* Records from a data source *
----

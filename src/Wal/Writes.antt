-- ===== src/Wal/Writes.antt =====
-- Sequences of writes to the log, against the list of records that they leave in it.
use flash_store.Prelude.{
  ℕ, ◌^◌, ◌<◌, ◌≡◌, ◌≢◌, refl, ap, sym, ◌∙◌, List, [], ◌∷◌, ◌++◌, length, take, Bool, true, false,
  append_assoc, append-nil, All, All-append, inr,
}
use flash_store.Bytes.{Bytes}
use flash_store.Disk.{File, write_all, write_all_at_end}
use flash_store.External.{Buf, Crc32, Bincode}
use flash_store.Wal
use flash_store.Wal.{WalWriter, open_writer, sync_if, encode_all, read_all}
use flash_store.Wal.Record.{WalRecord, encode}
use flash_store.Wal.Frames.{Fits, frame}
use flash_store.Wal.Recovery.{read_all_bad_frame, read_all_complete}

-- The calls of a writer.
pub data WalOp : Type 0 where
  one : WalRecord → WalOp
  batch : List WalRecord → WalOp
  clear : WalOp

-- The records that a log holds after a call.
abbrev pub log_after : List WalRecord → WalOp → List WalRecord
log_after log (one r) = log ++ r ∷ []
log_after log (batch rs) = log ++ rs
log_after log clear = []

abbrev pub OpFits : ⦃codec : Bincode WalRecord⦄ → WalOp → Type 0
OpFits (one r) = Fits r
OpFits (batch rs) = All Fits rs
OpFits clear = Unit

abbrev pub logs_after : List WalRecord → List WalOp → List WalRecord
logs_after log [] = log
logs_after log (op ∷ ops) = logs_after (log_after log op) ops

module _ ⦃buf : Buf⦄ ⦃crc : Crc32⦄ ⦃codec : Bincode WalRecord⦄ where
  pub apply : WalWriter → WalOp → WalWriter
  apply w (one r) = Wal.append w r
  apply w (batch rs) = Wal.append_batch w rs
  apply w clear = Wal.reset w

  unfoldable pub run : WalWriter → List WalOp → WalWriter
  unfolding apply
  run w [] = w
  run w (op ∷ ops) = run (apply w op) ops

  -- The writer stands at the end of a file that holds `log`, and with `sync` all of it is durable.
  pub record Holds (log : List WalRecord) (w : WalWriter) : Type 0 where
    pub content : w.file.content ≡ encode_all log
    pub at_end : w.file.pos ≡ length w.file.content
    pub synced : w.sync ≡ true → w.file.durable ≡ w.file.content
    pub fit : All Fits log

  encode_all-append : (a b : List WalRecord) → encode_all (a ++ b) ≡ encode_all a ++ encode_all b
  encode_all-append [] b = refl
  encode_all-append (r ∷ a) b =
      ap (λ t. encode r ++ t) (encode_all-append a b)
      ∙ sym (append_assoc (encode r) (encode_all a) (encode_all b))

  sync_if_fields :
      (b : Bool) (f : File)
      → ((sync_if b f).content ≡ f.content)
        × ((sync_if b f).pos ≡ f.pos)
        × (b ≡ true → (sync_if b f).durable ≡ (sync_if b f).content)
  sync_if_fields true f = (refl, refl, λ _. refl)
  sync_if_fields false f = (refl, refl, λ e. cc)

  write-Holds :
      (log rs : List WalRecord) (w : WalWriter)
      → All Fits rs
      → Holds log w
      → Holds (log ++ rs) (record w { file = sync_if w.sync (write_all w.file (encode_all rs)) })
  write-Holds log rs w f h =
      let f' = write_all w.file (encode_all rs) in
      let (content, pos) = write_all_at_end w.file (encode_all rs) h.at_end in
      let (same, same_pos, synced) = sync_if_fields w.sync f' in
      record {
        content =
            same
            ∙ content
            ∙ ap (λ t. t ++ encode_all rs) h.content
            ∙ sym (encode_all-append log rs);
        at_end = same_pos ∙ pos ∙ ap length (sym same);
        synced = synced;
        fit = All-append Fits log rs h.fit f;
      }

  apply-Holds :
      (log : List WalRecord) (w : WalWriter) (op : WalOp)
      → OpFits op
      → Holds log w
      → Holds (log_after log op) (apply w op)
  unfolding apply Wal.append Wal.append_batch Wal.reset
  apply-Holds log w (one r) f h =
      rw (← append-nil (encode r)) (write-Holds log (r ∷ []) w (f, tt) h)
  apply-Holds log w (batch []) f h = rw append-nil h
  apply-Holds log w (batch (r ∷ rs)) f h = write-Holds log (r ∷ rs) w f h
  apply-Holds log w clear f h =
      let (same, same_pos, synced) =
        sync_if_fields w.sync (record w.file { content = []; pos = 0 }) in
      record { content = same; at_end = same_pos ∙ ap length (sym same); synced = synced; fit = tt }

  -- What each call of the writer leaves in the log.
  pub append-Holds :
      (log : List WalRecord) (w : WalWriter) (r : WalRecord)
      → Fits r
      → Holds log w
      → Holds (log ++ r ∷ []) (Wal.append w r)
  unfolding apply
  append-Holds log w r f h = apply-Holds log w (one r) f h

  pub append_batch-Holds :
      (log : List WalRecord) (w : WalWriter) (rs : List WalRecord)
      → All Fits rs
      → Holds log w
      → Holds (log ++ rs) (Wal.append_batch w rs)
  unfolding apply
  append_batch-Holds log w rs f h = apply-Holds log w (batch rs) f h

  pub reset-Holds : (log : List WalRecord) (w : WalWriter) → Holds log w → Holds [] (Wal.reset w)
  unfolding apply
  reset-Holds log w h = apply-Holds log w clear tt h

  run-Holds :
      (log : List WalRecord) (w : WalWriter) (ops : List WalOp)
      → All OpFits ops
      → Holds log w
      → Holds (logs_after log ops) (run w ops)
  unfolding run
  run-Holds log w [] f h = h
  run-Holds log w (op ∷ ops) f h =
      run-Holds (log_after log op) (apply w op) ops f.1 (apply-Holds log w op f.0 h)

  pub append_sync : (w : WalWriter) (r : WalRecord) → (Wal.append w r).sync ≡ w.sync
  unfolding Wal.append
  append_sync w r = refl

  pub append_batch_sync :
      (w : WalWriter) (rs : List WalRecord) → (Wal.append_batch w rs).sync ≡ w.sync
  unfolding Wal.append_batch
  append_batch_sync w [] = refl
  append_batch_sync w (r ∷ rs) = refl

  run-sync : (w : WalWriter) (ops : List WalOp) → (run w ops).sync ≡ w.sync
  unfolding run apply Wal.append Wal.append_batch Wal.reset
  run-sync w [] = refl
  run-sync w (one r ∷ ops) = run-sync (Wal.append w r) ops
  run-sync w (batch [] ∷ ops) = run-sync w ops
  run-sync w (batch (r ∷ rs) ∷ ops) = run-sync (Wal.append_batch w (r ∷ rs)) ops
  run-sync w (clear ∷ ops) = run-sync (Wal.reset w) ops

  pub empty-Holds : (sync : Bool) → Holds [] (open_writer [] sync)
  unfolding open_writer
  empty-Holds sync = record { content = refl; at_end = refl; synced = λ _. refl; fit = tt }

  -- From an empty log, after any sequence of `append`, `append_batch` and `reset` on records
  -- below 4 GiB, `read_all` reads the records written since the last reset, in order; and with
  -- `sync` the whole content of the log is durable.
  pub read_all-run :
      (sync : Bool) (ops : List WalOp)
      → All OpFits ops
      → (read_all (run (open_writer [] sync) ops).file.content ≡ logs_after [] ops)
        × ((run (open_writer [] true) ops).file.durable
            ≡ (run (open_writer [] true) ops).file.content)
  read_all-run sync ops f =
      let h = run-Holds [] (open_writer [] sync) ops f (empty-Holds sync) in
      let d = run-Holds [] (open_writer [] true) ops f (empty-Holds true) in
      (
        ap read_all h.content ∙ read_all_complete (logs_after [] ops) h.fit,
        d.synced (run-sync (open_writer [] true) ops ∙ (unfold open_writer in refl)),
      )

  content-append_batch :
      (w : WalWriter) (rs : List WalRecord)
      → w.file.pos ≡ length w.file.content
      → (Wal.append_batch w rs).file.content ≡ w.file.content ++ encode_all rs
  unfolding Wal.append_batch
  content-append_batch w [] h = sym (append-nil w.file.content)
  content-append_batch w (r ∷ rs) h =
      let d = encode_all (r ∷ rs) in
      (sync_if_fields w.sync (write_all w.file d)).0 ∙ (write_all_at_end w.file d h).0

  -- A log is opened behind whatever bytes it holds. If these end in a torn frame, and the first
  -- bytes of a new batch complete it to a payload with another checksum, then only the records
  -- before the torn frame are read back, and none of the new batch.
  pub append_batch_after_torn :
      (rs new : List WalRecord) (c n : ℕ) (torn : Bytes) (sync : Bool)
      → All Fits rs
      → c < 2 ^ 32
      → n < 2 ^ 32
      → crc.hash (take n (torn ++ encode_all new)) ≢ c
      → read_all
          (Wal.append_batch (open_writer (encode_all rs ++ frame c n torn) sync) new).file.content
        ≡ rs
  append_batch_after_torn rs new c n torn sync f hc hn other =
      let old = encode_all rs ++ frame c n torn in
      let written : (Wal.append_batch (open_writer old sync) new).file.content
          ≡ old ++ encode_all new =
        content-append_batch (open_writer old sync) new (unfold open_writer in refl)
        ∙ (unfold open_writer in refl) in
      ap read_all (written ∙ append_assoc (encode_all rs) (frame c n torn) (encode_all new))
      ∙ read_all_bad_frame rs c n (torn ++ encode_all new) f hc hn (inr other)
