-- ===== src/Engine/Durable.antt =====
-- What src/engine.rs keeps on disk: how the manifest, the log and the tables describe the state, and
-- what a process that stops leaves behind.
pub mod Flushed
pub mod Reopened
pub mod Logging
pub mod Commands
pub mod Run
pub mod Fresh
use flash_store.Prelude.{ℕ, ◌+◌, ◌≤◌, ◌≡◌, Bool, true, List, [], ◌∷◌, Option, some, length, All}
use flash_store.Bytes.{Bytes}
use flash_store.External.{Buf, Crc32, Bincode}
use flash_store.Manifest.{VersionEdit, VersionSet, new_set}
use flash_store.Manifest.Log
use flash_store.Manifest.Versions.{HasNumber, NumbersFit}
use flash_store.Memtable
use flash_store.Memtable.{MemTable}
use flash_store.Tables.{Tables}
use flash_store.Types.{Key, Entry}
use flash_store.BTreeMap.{BTreeMap}
use flash_store.Wal.Record.{WalRecord}
use flash_store.Wal.Writes.{Holds}
use flash_store.Engine.{Engine, table_edit}
use flash_store.Engine.Flushing.{entries_of}
use flash_store.Engine.Opening.{Directory, recovered, apply_edits, replay}

-- The entries of a map have sequence numbers up to `n`.
abbrev pub SeqUpTo : ℕ → BTreeMap Entry → Type 0
SeqUpTo n m = All (λ (p : Bytes × Entry). p.1.seq_no ≤ n) m

-- The directory that a running engine has written.
abbrev pub directory_of : {Table : Type 0} → Engine Table → Bytes → Directory Table
directory_of s log = record {
  exists = true;
  manifest = some s.manifest.content;
  wal = some log;
  files = s.files;
}

module _ {Table : Type 0} ⦃tables : Tables Table⦄ ⦃buf : Buf⦄ ⦃crc : Crc32⦄
    ⦃wal_codec : Bincode WalRecord⦄ ⦃edit_codec : Bincode VersionEdit⦄ where
  -- The version set that the edits describe.
  abbrev pub described : Engine Table → List VersionEdit → VersionSet
  described s edits = apply_edits (new_set s.options.max_levels) edits

  -- The manifest holds just the edits, durably, and they describe the levels of the state.
  pub record Manifested (edits : List VersionEdit) (s : Engine Table) : Type 0 where
    pub content : s.manifest.content ≡ Log.encode_all edits
    pub durable : s.manifest.durable ≡ s.manifest.content
    pub at_end : s.manifest.pos ≡ length s.manifest.content
    pub fit : All Log.Fits edits
    pub numbers : All NumbersFit edits
    pub max_levels : s.version_set.max_levels ≡ s.options.max_levels
    pub levels : s.version_set.levels ≡ (described s edits).levels
    pub last : (described s edits).last_sequence ≤ s.version_set.last_sequence

  -- The log holds just the records, their replay gives the active memtable, and no entry has a
  -- sequence number above the last one.
  pub record Logged (last : ℕ) (records : List WalRecord) (s : Engine Table) : Type 0 where
    pub holds : Holds records s.wal
    pub sync : s.wal.sync ≡ s.options.sync_wal
    pub memtable : s.memtable.table ≡ (replay last (Memtable.new 0) records).table
    pub bounded : SeqUpTo s.version_set.last_sequence s.memtable.table.map

  -- The directory describes the state.
  pub record Persisted (s : Engine Table) : Type 0 where
    pub edits : List VersionEdit
    pub manifest : Manifested edits s
    pub records : List WalRecord
    pub log : Logged (described s edits).last_sequence records s

  abbrev pub EditSmall : Engine Table → List Entry → Type 0
  EditSmall s [] = Unit
  EditSmall s (e ∷ es) =
      Log.Fits (table_edit s.version_set.next_file_number (tables.build (e ∷ es)).1 e es)

  abbrev pub EditFits : Engine Table → List Entry → Type 0
  EditFits s es = HasNumber s.version_set × EditSmall s es

  -- A flush of the memtable can write its table, has a file number for it, and writes an edit below
  -- 4 GiB.
  abbrev pub FlushFits : Engine Table → Type 0
  FlushFits s = (tables.fits (entries_of s.memtable) ≡ true) × EditFits s (entries_of s.memtable)
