-- ===== src/Engine/Durable/Flushed.antt =====
-- `flush` of src/engine.rs keeps the directory a true description of the state.
use flash_store.Prelude.{
  ℕ, ◌+◌, ◌%◌, ◌^◌, ◌≤◌, ◌≡◌, refl, ap, sym, ◌∙◌, List, [], ◌∷◌, ◌++◌, arith, All, All-append,
  if_keeps, subst, ltb, if◌then◌else◌,
}
use flash_store.BTreeMap.{BTreeMap, values}
use flash_store.External.{Buf, Crc32, Bincode}
use flash_store.Manifest.{VersionEdit, VersionSet, new_set, log_and_apply}
use flash_store.Manifest.Log
use flash_store.Manifest.Versions.{NumbersFit}
use flash_store.Manifest.Log.{log_edit-frame, encode_all-snoc}
use flash_store.Memtable
use flash_store.Memtable.{MemTable}
use flash_store.Tables.{Tables}
use flash_store.Types.{Entry}
use flash_store.Wal
use flash_store.Wal.{WalWriter}
use flash_store.Wal.Record.{WalRecord}
use flash_store.Wal.Writes.{Holds, reset-Holds}
use flash_store.Engine.{Engine, flush, write_table, rewrite_wal, freeze, table_edit}
use flash_store.Engine.Entries.{entries_of-values}
use flash_store.Engine.Flush.{
  IsValid, without_memtable-only, write_table-memtables, log_and_apply_max,
}
use flash_store.Engine.Flushing.{entries_of, max_seq, without_memtable, sort_by_seq}
use flash_store.Engine.Opening.{apply_edits, replay}
use flash_store.Engine.Durable.{Persisted, Manifested, described, EditFits, SeqUpTo}

abbrev UpTo : ℕ → List Entry → Type 0
UpTo n es = All (λ (e : Entry). e.seq_no ≤ n) es

UpTo-values : (n : ℕ) (m : BTreeMap Entry) → SeqUpTo n m → UpTo n (values m)
UpTo-values n [] h = tt
UpTo-values n ((k, e) ∷ m) h = (h.0, UpTo-values n m h.1)

max_seq-le : (n m : ℕ) (es : List Entry) → m ≤ n → UpTo n es → max_seq m es ≤ n
max_seq-le n m [] p h = p
max_seq-le n m (e ∷ es) p h =
    max_seq-le n (if ltb m e.seq_no then e.seq_no else m) es (ground (arith, h.0)) h.1

pub apply_edits-snoc :
    (vs : VersionSet) (es : List VersionEdit) (e : VersionEdit)
    → apply_edits vs (es ++ e ∷ []) ≡ log_and_apply (apply_edits vs es) e
apply_edits-snoc vs [] e = refl
apply_edits-snoc vs (x ∷ es) e = apply_edits-snoc (log_and_apply vs x) es e

-- An edit changes the levels by the levels alone.
pub log_and_apply_levels :
    (vs ws : VersionSet) (e : VersionEdit)
    → vs.levels ≡ ws.levels
    → (log_and_apply vs e).levels ≡ (log_and_apply ws e).levels
unfolding log_and_apply
log_and_apply_levels vs ws e h = rw h refl

log_and_apply_last :
    (vs : VersionSet) (num size n : ℕ) (e : Entry) (es : List Entry)
    → vs.last_sequence ≤ n
    → max_seq 0 (e ∷ es) ≤ n
    → (log_and_apply vs (table_edit num size e es)).last_sequence ≤ n
unfolding log_and_apply
log_and_apply_last vs num size n e es h m = ground arith

log_and_apply_same :
    (vs : VersionSet) (num size : ℕ) (e : Entry) (es : List Entry)
    → max_seq 0 (e ∷ es) ≤ vs.last_sequence
    → (log_and_apply vs (table_edit num size e es)).last_sequence ≡ vs.last_sequence
unfolding log_and_apply
log_and_apply_same vs num size e es m = ground arith

reset_sync : (w : WalWriter) → (Wal.reset w).sync ≡ w.sync
unfolding Wal.reset
reset_sync w = refl

module _ {Table : Type 0} ⦃tables : Tables Table⦄ ⦃buf : Buf⦄ ⦃crc : Crc32⦄
    ⦃wal_codec : Bincode WalRecord⦄ ⦃edit_codec : Bincode VersionEdit⦄ where
  pub same-Manifested :
      (s t : Engine Table) (edits : List VersionEdit)
      → t.manifest ≡ s.manifest
      → t.options ≡ s.options
      → t.version_set.max_levels ≡ s.version_set.max_levels
      → t.version_set.levels ≡ s.version_set.levels
      → s.version_set.last_sequence ≤ t.version_set.last_sequence
      → Manifested edits s
      → Manifested edits t
  same-Manifested s t edits file options max levels last m = record {
    content = rw file m.content;
    durable = rw file m.durable;
    at_end = rw file m.at_end;
    fit = m.fit;
    numbers = m.numbers;
    max_levels = rw (max, options) m.max_levels;
    levels = rw (levels, options) m.levels;
    last = rw options (omega (arith, m.last));
  }

  -- The edits after a table is written.
  abbrev edits_after : Engine Table → List Entry → List VersionEdit → List VersionEdit
  edits_after s [] edits = edits
  edits_after s (e ∷ es) edits =
      edits ++ table_edit s.version_set.next_file_number (tables.build (e ∷ es)).1 e es ∷ []

  write_table-Manifested :
      (s : Engine Table) (es : List Entry) (edits : List VersionEdit)
      → EditFits s es
      → UpTo s.version_set.last_sequence es
      → Manifested edits s
      → Manifested (edits_after s es edits) (write_table s es)
  unfolding write_table
  write_table-Manifested s [] edits fit up m = record {
    content = m.content;
    durable = m.durable;
    at_end = m.at_end;
    fit = m.fit;
    numbers = m.numbers;
    max_levels = m.max_levels;
    levels = m.levels;
    last = m.last;
  }
  write_table-Manifested s (e ∷ es) edits (room, fit) up m =
      let vs = s.version_set in
      let size = (tables.build (e ∷ es)).1 in
      let edit = table_edit vs.next_file_number size e es in
      let (content, durable, at_end) = log_edit-frame s.manifest edit m.at_end fit in
      let top = max_seq-le vs.last_sequence 0 (e ∷ es) (omega arith) up in
      let new = apply_edits-snoc (new_set s.options.max_levels) edits edit in
      record {
        content =
            content ∙ ap (λ c. c ++ Log.encode edit) m.content ∙ sym (encode_all-snoc edits edit);
        durable = durable ∙ sym content;
        at_end = at_end;
        fit = All-append Log.Fits edits (edit ∷ []) m.fit (fit, tt);
        numbers = All-append NumbersFit edits (edit ∷ []) m.numbers ((room, tt), tt);
        max_levels = log_and_apply_max _ edit ∙ m.max_levels;
        levels =
            log_and_apply_levels _ (described s edits) edit m.levels ∙ ap (λ v. v.levels) (sym new);
        last =
            rw
              (
                new,
                log_and_apply_same
                    (record vs { next_file_number = (vs.next_file_number + 1) % 2 ^ 64 })
                    vs.next_file_number size e es top,
              )
              (log_and_apply_last (described s edits) vs.next_file_number size vs.last_sequence e es
                m.last top);
      }

  rewrite_wal-empty :
      (s : Engine Table) (id : ℕ)
      → without_memtable id s.imm_memtables ≡ []
      → s.memtable.table ≡ Memtable.Skiplist.new
      → (rewrite_wal s id).wal ≡ Wal.reset s.wal
  unfolding rewrite_wal Wal.append_batch sort_by_seq
  rewrite_wal-empty s id imm empty = rw imm (rw (entries_of-values s.memtable) (rw empty refl))

  write_table-rest :
      (s : Engine Table) (es : List Entry)
      → ((write_table s es).wal ≡ s.wal) × ((write_table s es).options ≡ s.options)
  unfolding write_table
  write_table-rest s [] = (refl, refl)
  write_table-rest s (e ∷ es) = (refl, refl)

  rewrite_wal-Persisted :
      (s : Engine Table) (id : ℕ) (edits : List VersionEdit) (records : List WalRecord)
      → without_memtable id s.imm_memtables ≡ []
      → s.memtable.table ≡ Memtable.Skiplist.new
      → Holds records s.wal
      → s.wal.sync ≡ s.options.sync_wal
      → Manifested edits s
      → Persisted (rewrite_wal s id)
  unfolding rewrite_wal replay
  rewrite_wal-Persisted s id edits records imm empty holds sync m =
      let wal = sym (rewrite_wal-empty s id imm empty) in
      record {
        edits = edits;
        manifest = same-Manifested s (rewrite_wal s id) edits refl refl refl refl (omega arith) m;
        records = [];
        log = record {
          holds = subst (Holds []) wal (reset-Holds records s.wal holds);
          sync = ap (λ w. w.sync) (sym wal) ∙ reset_sync s.wal ∙ sync;
          memtable = empty;
          bounded = subst (λ x. SeqUpTo s.version_set.last_sequence x.map) (sym empty) tt;
        };
      }

  frozen-Persisted :
      (s : Engine Table)
      → IsValid s
      → EditFits s (entries_of s.memtable)
      → Persisted s
      → Persisted (rewrite_wal (write_table (freeze s) (entries_of s.memtable)) s.memtable.id)
  unfolding freeze
  frozen-Persisted s v fit p =
      let es = entries_of s.memtable in
      let t = write_table (freeze s) es in
      let (memtable, imm) = write_table-memtables (freeze s) es in
      let (wal, options) = write_table-rest (freeze s) es in
      let up : UpTo s.version_set.last_sequence es =
        rw (entries_of-values s.memtable) (UpTo-values _ s.memtable.table.map p.log.bounded) in
      rewrite_wal-Persisted t s.memtable.id (edits_after (freeze s) es p.edits) p.records
        (rw imm (rw v.none_frozen (without_memtable-only s.memtable))) (ap (λ m. m.table) memtable)
        (subst (Holds p.records) (sym wal) p.log.holds) (rw (wal, options) p.log.sync)
        (write_table-Manifested (freeze s) es p.edits fit up
          (same-Manifested s (freeze s) p.edits refl refl refl refl (omega arith) p.manifest))

  -- A flush whose edit is below 4 GiB keeps the directory a true description of the state.
  pub flush-Persisted :
      (s : Engine Table)
      → IsValid s
      → EditFits s (entries_of s.memtable)
      → Persisted s
      → Persisted (flush s)
  unfolding flush
  flush-Persisted s v fit p = if_keeps Persisted _ s _ p (frozen-Persisted s v fit p)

----

* Problem details *
Where a line of the records above holds the word "false", copy that line.

* Exercise answer *
  ℕ, ◌^◌, ◌<◌, ◌≡◌, ◌≢◌, refl, ap, sym, ◌∙◌, List, [], ◌∷◌, ◌++◌, length, take, Bool, true, false,
  sync_if_fields false f = (refl, refl, λ e. cc)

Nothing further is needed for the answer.